_Data items_
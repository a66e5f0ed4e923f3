-- ===== src/Session/Profiles.antt =====
-- src/lib.rs, lines 155-190: the helpers' sessions, from an idle profiler to an idle profiler.
use pprof_rs.Prelude.{
  ℕ, ◌<◌, ◌≤◌, ◌≡◌, refl, ap, ◌∙◌, false, none, Outcome, done, ◌>>=◌, Result, ok, Returns, length,
  All, half_word,
}
use pprof_rs.Prelude.Int.{ℤ}
use pprof_rs.Error.{Error}
use pprof_rs.Os.{Os, OsLaws, Signal, SigAction}
use pprof_rs.Timer.{ClockType, Timer, is_zero, timing}
use pprof_rs.Frames.{UnresolvedFrames, Frames, Resolver, max_thread_name}
use pprof_rs.Collector.Bucket.{Entry}
use pprof_rs.Collector.TempFile.{TempFile, FileLaws, NoIoErrors}
use pprof_rs.Profiler.{Globals, handle_all}
use pprof_rs.Profiler.Control.{ProfilerGuardBuilder, drop_guard}
use pprof_rs.Report.Builder.{Report, make_frames}
use pprof_rs.Report.Builder
use pprof_rs.Session.Lifetime.{IsIdle, IsProfiled, session_of}
use pprof_rs.Session.{
  Course, default_builder, frequency, clock_type, report, new_report, build_report,
  sleep_and_report, profile_with, profile_with_frequency, profile, profile_wall,
}

module _ {S File Frame : Type 0} (os : Os S) (env : Resolver Frame)
    (files : TempFile File (Entry (UnresolvedFrames Frame))) (n : ℕ) (laws : FileLaws files)
    (healthy : NoIoErrors files laws) (positive : 0 < n) where
  module _ (os_laws : OsLaws os)
      (installs : (s : S) (g : Signal) (a : SigAction)
        → (old : SigAction) × ((os.sigaction s g a).1 ≡ ok old)) where
    -- The steps after `build`, one after another.
    sleep_steps :
        (course : Course Frame) (s : S) (g g' : Globals File Frame) (timer : Timer)
        (r : Result Error (Report Frames)) (s' : S) (g'' : Globals File Frame)
        → handle_all env files n g course.ticks ≡ done g'
        → Builder.build env files n none g' (timing timer course.report_instant) ≡ done r
        → drop_guard os env files n s g' timer course.drop_time ≡ (s', g'')
        → sleep_and_report os env files n course (s, g, ok timer) ≡ done (s', g'', r)
    unfolding sleep_and_report report new_report build_report
    sleep_steps course s g g' timer r s' g'' handled built dropped =
        rw (handled, built, dropped) refl

    abbrev pub Idle : Globals File Frame → Type 0
    Idle = IsIdle os env files n laws healthy positive

    abbrev pub Profiled :
        ProfilerGuardBuilder
        → S
        → Course Frame
        → S
        → Globals File Frame
        → Result Error (Report Frames)
        → Type 0
    Profiled = IsProfiled os env files n laws healthy positive os_laws installs

    profile_with-IsProfiled :
        (b : ProfilerGuardBuilder) (s : S) (g : Globals File Frame) (course : Course Frame)
        → is_zero b.frequency ≡ false
        → Idle g
        → All (λ t. length t.thread_name ≤ max_thread_name) course.ticks
        → length course.ticks < half_word
        → Returns (profile_with os env files n b s g course) (λ r. Profiled b s course r.0 r.1 r.2)
    unfolding profile_with
    profile_with-IsProfiled b s g course nonzero before names_fit short =
        let (opened, s', during, sampled, g', timer, made, run, handled, built, dropped, profiled) =
          session_of os env files n laws healthy positive os_laws installs b s g course nonzero
            before names_fit short in
        (
          (s', g', ok made),
          ap (λ o. o >>= sleep_and_report os env files n course) run
              ∙ sleep_steps course opened during sampled timer (ok made) s' g' handled built
                  dropped,
          profiled,
        )

    -- With a frequency that is not zero, system calls that succeed and a file that does not fail,
    -- `profile_with_frequency` on an idle profiler, in a session of fewer than 2 ^ 63 signals
    -- with thread names of at most `max_thread_name` bytes, ends in a report. It has one entry
    -- for each stack, and for every set of stacks that respects their equality counts the signals
    -- of the sleep that were recorded with such a stack; its missed samples are those that found
    -- the lock taken, and its timing is that of the session. The profiler is idle again and has
    -- no entries, and the signal has the disposition of before, or is ignored if that was the
    -- default one.
    pub profile_with_frequency-IsProfiled :
        (hz : ℤ) (s : S) (g : Globals File Frame) (course : Course Frame)
        → is_zero hz ≡ false
        → Idle g
        → All (λ t. length t.thread_name ≤ max_thread_name) course.ticks
        → length course.ticks < half_word
        → Returns
            (profile_with_frequency os env files n hz s g course)
            (λ r. Profiled (frequency default_builder hz) s course r.0 r.1 r.2)
    unfolding profile_with_frequency frequency
    profile_with_frequency-IsProfiled hz =
        profile_with-IsProfiled (record default_builder { frequency = hz })

    abbrev pub cpu_builder : ProfilerGuardBuilder
    cpu_builder = default_builder

    abbrev pub wall_builder : ProfilerGuardBuilder
    wall_builder = record default_builder { clock_type = ClockType.wall }

    -- `profile` and then `profile_wall`, on what the first one leaves.
    abbrev pub one_after_another :
        S
        → Globals File Frame
        → Course Frame
        → Course Frame
        → Outcome (
            S
            × Globals File Frame
            × Result Error (Report Frames)
            × S
            × Globals File Frame
            × Result Error (Report Frames))
    one_after_another s g course later = profile os env files n s g course >>= λ (s', g', r).
        profile_wall os env files n s' g' later >>= λ (s'', g'', r'). done (s', g', r, s'', g'', r')

    -- Two sessions in a row, by processor time and then by the wall clock, from an idle profiler
    -- and under the same conditions, do not mix: each report counts the signals of its own
    -- session as above, and after each the profiler is idle.
    pub profile-profile_wall :
        (s : S) (g : Globals File Frame) (course later : Course Frame)
        → Idle g
        → All (λ t. length t.thread_name ≤ max_thread_name) course.ticks
        → length course.ticks < half_word
        → All (λ t. length t.thread_name ≤ max_thread_name) later.ticks
        → length later.ticks < half_word
        → (s' s'' : S) × (g' g'' : Globals File Frame) × (r r' : Result Error (Report Frames))
          × (one_after_another s g course later ≡ done (s', g', r, s'', g'', r'))
          × Profiled cpu_builder s course s' g' r
          × Profiled wall_builder s' later s'' g'' r'
    unfolding profile profile_wall profile_with_frequency frequency clock_type
    profile-profile_wall s g course later before names_fit short names_fit' short' =
        let ((s', g', r), ran, profiled) =
          profile_with-IsProfiled cpu_builder s g course refl before names_fit short in
        let ((s'', g'', r'), ran', profiled') =
          profile_with-IsProfiled wall_builder s' g' later refl profiled.is_idle names_fit'
            short' in
        (s', s'', g', g'', r, r', rw (ran, ran') refl, profiled, profiled')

_AIM OF THE TASK_
I need all of the records above retyped exactly, please.

_EXERCISE RESULT_
repository a66e5f0ed4e923f3
-- ===== src/Session/Profiles.antt =====
-- src/lib.rs, lines 155-190: the helpers' sessions, from an idle profiler to an idle profiler.
use pprof_rs.Prelude.{
  ℕ, ◌<◌, ◌≤◌, ◌≡◌, refl, ap, ◌∙◌, false, none, Outcome, done, ◌>>=◌, Result, ok, Returns, length,
  All, half_word,
}
use pprof_rs.Prelude.Int.{ℤ}
use pprof_rs.Error.{Error}
use pprof_rs.Os.{Os, OsLaws, Signal, SigAction}
use pprof_rs.Timer.{ClockType, Timer, is_zero, timing}
use pprof_rs.Frames.{UnresolvedFrames, Frames, Resolver, max_thread_name}
use pprof_rs.Collector.Bucket.{Entry}
use pprof_rs.Collector.TempFile.{TempFile, FileLaws, NoIoErrors}
use pprof_rs.Profiler.{Globals, handle_all}
use pprof_rs.Profiler.Control.{ProfilerGuardBuilder, drop_guard}
use pprof_rs.Report.Builder.{Report, make_frames}
use pprof_rs.Report.Builder
use pprof_rs.Session.Lifetime.{IsIdle, IsProfiled, session_of}
use pprof_rs.Session.{
  Course, default_builder, frequency, clock_type, report, new_report, build_report,
  sleep_and_report, profile_with, profile_with_frequency, profile, profile_wall,
}

module _ {S File Frame : Type 0} (os : Os S) (env : Resolver Frame)
    (files : TempFile File (Entry (UnresolvedFrames Frame))) (n : ℕ) (laws : FileLaws files)
    (healthy : NoIoErrors files laws) (positive : 0 < n) where
  module _ (os_laws : OsLaws os)
      (installs : (s : S) (g : Signal) (a : SigAction)
        → (old : SigAction) × ((os.sigaction s g a).1 ≡ ok old)) where
    -- The steps after `build`, one after another.
    sleep_steps :
        (course : Course Frame) (s : S) (g g' : Globals File Frame) (timer : Timer)
        (r : Result Error (Report Frames)) (s' : S) (g'' : Globals File Frame)
        → handle_all env files n g course.ticks ≡ done g'
        → Builder.build env files n none g' (timing timer course.report_instant) ≡ done r
        → drop_guard os env files n s g' timer course.drop_time ≡ (s', g'')
        → sleep_and_report os env files n course (s, g, ok timer) ≡ done (s', g'', r)
    unfolding sleep_and_report report new_report build_report
    sleep_steps course s g g' timer r s' g'' handled built dropped =
        rw (handled, built, dropped) refl

    abbrev pub Idle : Globals File Frame → Type 0
    Idle = IsIdle os env files n laws healthy positive

    abbrev pub Profiled :
        ProfilerGuardBuilder
        → S
        → Course Frame
        → S
        → Globals File Frame
        → Result Error (Report Frames)
        → Type 0
    Profiled = IsProfiled os env files n laws healthy positive os_laws installs

    profile_with-IsProfiled :
        (b : ProfilerGuardBuilder) (s : S) (g : Globals File Frame) (course : Course Frame)
        → is_zero b.frequency ≡ false
        → Idle g
        → All (λ t. length t.thread_name ≤ max_thread_name) course.ticks
        → length course.ticks < half_word
        → Returns (profile_with os env files n b s g course) (λ r. Profiled b s course r.0 r.1 r.2)
    unfolding profile_with
    profile_with-IsProfiled b s g course nonzero before names_fit short =
        let (opened, s', during, sampled, g', timer, made, run, handled, built, dropped, profiled) =
          session_of os env files n laws healthy positive os_laws installs b s g course nonzero
            before names_fit short in
        (
          (s', g', ok made),
          ap (λ o. o >>= sleep_and_report os env files n course) run
              ∙ sleep_steps course opened during sampled timer (ok made) s' g' handled built
                  dropped,
          profiled,
        )

    -- With a frequency that is not zero, system calls that succeed and a file that does not fail,
    -- `profile_with_frequency` on an idle profiler, in a session of fewer than 2 ^ 63 signals
    -- with thread names of at most `max_thread_name` bytes, ends in a report. It has one entry
    -- for each stack, and for every set of stacks that respects their equality counts the signals
    -- of the sleep that were recorded with such a stack; its missed samples are those that found
    -- the lock taken, and its timing is that of the session. The profiler is idle again and has
    -- no entries, and the signal has the disposition of before, or is ignored if that was the
    -- default one.
    pub profile_with_frequency-IsProfiled :
        (hz : ℤ) (s : S) (g : Globals File Frame) (course : Course Frame)
        → is_zero hz ≡ false
        → Idle g
        → All (λ t. length t.thread_name ≤ max_thread_name) course.ticks
        → length course.ticks < half_word
        → Returns
            (profile_with_frequency os env files n hz s g course)
            (λ r. Profiled (frequency default_builder hz) s course r.0 r.1 r.2)
    unfolding profile_with_frequency frequency
    profile_with_frequency-IsProfiled hz =
        profile_with-IsProfiled (record default_builder { frequency = hz })

    abbrev pub cpu_builder : ProfilerGuardBuilder
    cpu_builder = default_builder

    abbrev pub wall_builder : ProfilerGuardBuilder
    wall_builder = record default_builder { clock_type = ClockType.wall }

    -- `profile` and then `profile_wall`, on what the first one leaves.
    abbrev pub one_after_another :
        S
        → Globals File Frame
        → Course Frame
        → Course Frame
        → Outcome (
            S
            × Globals File Frame
            × Result Error (Report Frames)
            × S
            × Globals File Frame
            × Result Error (Report Frames))
    one_after_another s g course later = profile os env files n s g course >>= λ (s', g', r).
        profile_wall os env files n s' g' later >>= λ (s'', g'', r'). done (s', g', r, s'', g'', r')

    -- Two sessions in a row, by processor time and then by the wall clock, from an idle profiler
    -- and under the same conditions, do not mix: each report counts the signals of its own
    -- session as above, and after each the profiler is idle.
    pub profile-profile_wall :
        (s : S) (g : Globals File Frame) (course later : Course Frame)
        → Idle g
        → All (λ t. length t.thread_name ≤ max_thread_name) course.ticks
        → length course.ticks < half_word
        → All (λ t. length t.thread_name ≤ max_thread_name) later.ticks
        → length later.ticks < half_word
        → (s' s'' : S) × (g' g'' : Globals File Frame) × (r r' : Result Error (Report Frames))
          × (one_after_another s g course later ≡ done (s', g', r, s'', g'', r'))
          × Profiled cpu_builder s course s' g' r
          × Profiled wall_builder s' later s'' g'' r'
    unfolding profile profile_wall profile_with_frequency frequency clock_type
    profile-profile_wall s g course later before names_fit short names_fit' short' =
        let ((s', g', r), ran, profiled) =
          profile_with-IsProfiled cpu_builder s g course refl before names_fit short in
        let ((s'', g'', r'), ran', profiled') =
          profile_with-IsProfiled wall_builder s' g' later refl profiled.is_idle names_fit'
            short' in
        (s', s'', g', g'', r, r', rw (ran, ran') refl, profiled, profiled')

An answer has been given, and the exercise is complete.